**ACTIVITY**
Which lines of the data hold the word "Type"? Copy all of them.

Start of INPUT RECORDS

-- ===== src/Term.antt =====
-- The cursor of the terminal: the motions of `Term` in alacritty_terminal/src/term/mod.rs that do
-- not read or write cells, and the conversions between points of the grid and of the viewport.
-- A panic is the result `none`.
pub mod Motion
pub mod Along
pub mod Edit
pub mod Scrolling
pub mod Lines
pub mod Safe
pub mod Fed
pub mod Feeding
pub mod Write
pub mod Written
pub mod Columns
pub mod Cursors
pub mod Edited
pub mod Modes
pub mod Settings
pub mod Machine
pub mod Blanks
pub mod Viewport
mod Tests
use package.alacritty_pro.Prelude.{
  ℕ, zero, suc, ◌+◌, ◌-◌, min, max, Bool, true, false, Option, none, some, ltb, leb, if◌then◌else◌,
  ◌>>=◌,
}
use package.alacritty_pro.Prelude.Int.{ℤ, pos, negsuc, ◌+ℤ◌, min_ℤ, max_ℤ, sub_ℕ}
use package.alacritty_pro.Index
use package.alacritty_pro.Index.{Point, add_line, sub_line}
use package.alacritty_pro.Grid.Defs.{Grid, Cursor, Region, dimensions}
use package.alacritty_pro.Tabs.{TabStops}
use package.alacritty_pro.Selection.{Selection}
use package.alacritty_pro.Damage.{TermDamageState, damage_line, damage_point}

-- The state of the screen that the handlers read and change. The flags of the mode are fields:
-- `ORIGIN`, `LINE_WRAP`, `INSERT` and `LINE_FEED_NEW_LINE`.
pub record Term (T : Type 0) : Type 0 where
  pub grid : Grid T
  pub damage : TermDamageState
  pub origin_mode : Bool
  pub line_wrap : Bool
  pub insert_mode : Bool
  pub line_feed_new_line : Bool
  pub scroll_region : Region
  pub tabs : TabStops
  pub selection : Option Selection
  pub vi_mode_cursor : Point

-- `line.0 as usize`: the number that a negative line gives is no index of any table.
abbrev pub screen_row : ℤ → Option ℕ
screen_row (pos n) = some n
screen_row (negsuc n) = none

abbrev pub unwrap_or : Option ℕ → ℕ → ℕ
unwrap_or none d = d
unwrap_or (some n) d = n

-- A line of the grid in the viewport, if it is not above it, and the reverse.
unfoldable pub point_to_viewport : ℕ → Point → Option (ℕ × ℕ)
point_to_viewport display_offset p =
    screen_row (p.line +ℤ pos display_offset) >>= (λ line. some (line, p.column))

unfoldable pub viewport_to_point : ℕ → ℕ → ℕ → Point
viewport_to_point display_offset line column = record {
  line = sub_line (pos line) display_offset;
  column = column;
}

module _ {T : Type 0} where
  -- Assignments to the position of the cursor, and to its flag.
  abbrev pub place : Term T → Point → Term T
  place t p = record t { grid = record t.grid { cursor = record t.grid.cursor { point = p } } }

  abbrev pub no_wrap : Term T → Term T
  no_wrap t = record t {
    grid = record t.grid { cursor = record t.grid.cursor { input_needs_wrap = false } };
  }

  abbrev pub cursor_line : Term T → ℤ
  cursor_line t = t.grid.cursor.point.line

  abbrev pub cursor_column : Term T → ℕ
  cursor_column t = t.grid.cursor.point.column

  unfoldable pub damage_row : Term T → ℤ → ℕ → ℕ → Option (Term T)
  unfolding damage_line
  damage_row t line left right = do
    row ← screen_row line
    damage ← damage_line t.damage row left right
    some (record t { damage = damage })

  unfoldable pub damage_cursor : Term T → Option (Term T)
  unfolding damage_point
  damage_cursor t = do
    row ← screen_row (cursor_line t)
    damage ← damage_point t.damage row (cursor_column t)
    some (record t { damage = damage })

  -- The line that `goto` ends at.
  unfoldable pub goto_target : Term T → ℤ → ℤ
  goto_target t line =
      let y_offset = if t.origin_mode then t.scroll_region.start else pos 0 in
      let max_y =
        if t.origin_mode
        then sub_line t.scroll_region.end 1
        else Index.bottommost_line (dimensions t.grid) in
      max_ℤ (min_ℤ (line +ℤ y_offset) max_y) (pos 0)

  unfoldable pub goto : Term T → ℤ → ℕ → Option (Term T)
  unfolding damage_cursor goto_target
  goto t line col = do
    t1 ← damage_cursor t
    t2 ← damage_cursor (
        place t1 (record {
          line = goto_target t1 line;
          column = min col (Index.last_column (dimensions t1.grid));
        }))
    some (no_wrap t2)

  unfoldable pub goto_line : Term T → ℤ → Option (Term T)
  unfolding goto
  goto_line t line = goto t line (cursor_column t)

  unfoldable pub goto_col : Term T → ℕ → Option (Term T)
  unfolding goto
  goto_col t col = goto t (cursor_line t) col

  unfoldable pub move_up : Term T → ℕ → Option (Term T)
  unfolding goto
  move_up t lines = goto t (sub_line (cursor_line t) lines) (cursor_column t)

  unfoldable pub move_down : Term T → ℕ → Option (Term T)
  unfolding goto
  move_down t lines = goto t (add_line (cursor_line t) lines) (cursor_column t)

  unfoldable pub move_down_and_cr : Term T → ℕ → Option (Term T)
  unfolding goto
  move_down_and_cr t lines = goto t (add_line (cursor_line t) lines) 0

  unfoldable pub move_up_and_cr : Term T → ℕ → Option (Term T)
  unfolding goto
  move_up_and_cr t lines = goto t (sub_line (cursor_line t) lines) 0

  abbrev set_column : Term T → ℕ → Term T
  set_column t column = no_wrap (place t (record { line = cursor_line t; column = column }))

  unfoldable pub move_forward : Term T → ℕ → Option (Term T)
  unfolding damage_row
  move_forward t cols =
      let last = min (cursor_column t + cols) (Index.last_column (dimensions t.grid)) in
      damage_row t (cursor_line t) (cursor_column t) last >>= (λ t'. some (set_column t' last))

  unfoldable pub move_backward : Term T → ℕ → Option (Term T)
  unfolding damage_row
  move_backward t cols =
      let column = cursor_column t - cols in
      damage_row t (cursor_line t) column (cursor_column t) >>= (λ t'. some (set_column t' column))

  unfoldable pub carriage_return : Term T → Option (Term T)
  unfolding damage_row
  carriage_return t =
      damage_row t (cursor_line t) 0 (cursor_column t) >>= (λ t'. some (set_column t' 0))

  unfoldable pub backspace : Term T → Option (Term T)
  unfolding damage_row
  backspace t =
      if ltb 0 (cursor_column t)
      then damage_row (set_column t (cursor_column t - 1)) (cursor_line t) (cursor_column t - 1)
          (cursor_column t)
      else some t

  -- The lines are those of the terminal's protocol, from 1.
  unfoldable pub set_scrolling_region : Term T → ℕ → Option ℕ → Option (Term T)
  unfolding goto
  set_scrolling_region t top bottom =
      let lines = t.grid.lines in
      let last = unwrap_or bottom lines in
      let region : Region = record {
        start = min_ℤ (sub_ℕ top 1) (pos lines);
        end = min_ℤ (pos last) (pos lines);
      } in
      let homed = goto (record t { scroll_region = region }) (pos 0) 0 in
      if leb last top then some t else homed

  unfoldable pub save_cursor_position : Term T → Term T
  save_cursor_position t = record t { grid = record t.grid { saved_cursor = t.grid.cursor } }

  unfoldable pub restore_cursor_position : Term T → Option (Term T)
  unfolding damage_cursor
  restore_cursor_position t = do
    t1 ← damage_cursor t
    damage_cursor (record t1 { grid = record t1.grid { cursor = t1.grid.saved_cursor } })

End of INPUT RECORDS

**EXPECTED ANSWER**
pub record Term (T : Type 0) : Type 0 where
module _ {T : Type 0} where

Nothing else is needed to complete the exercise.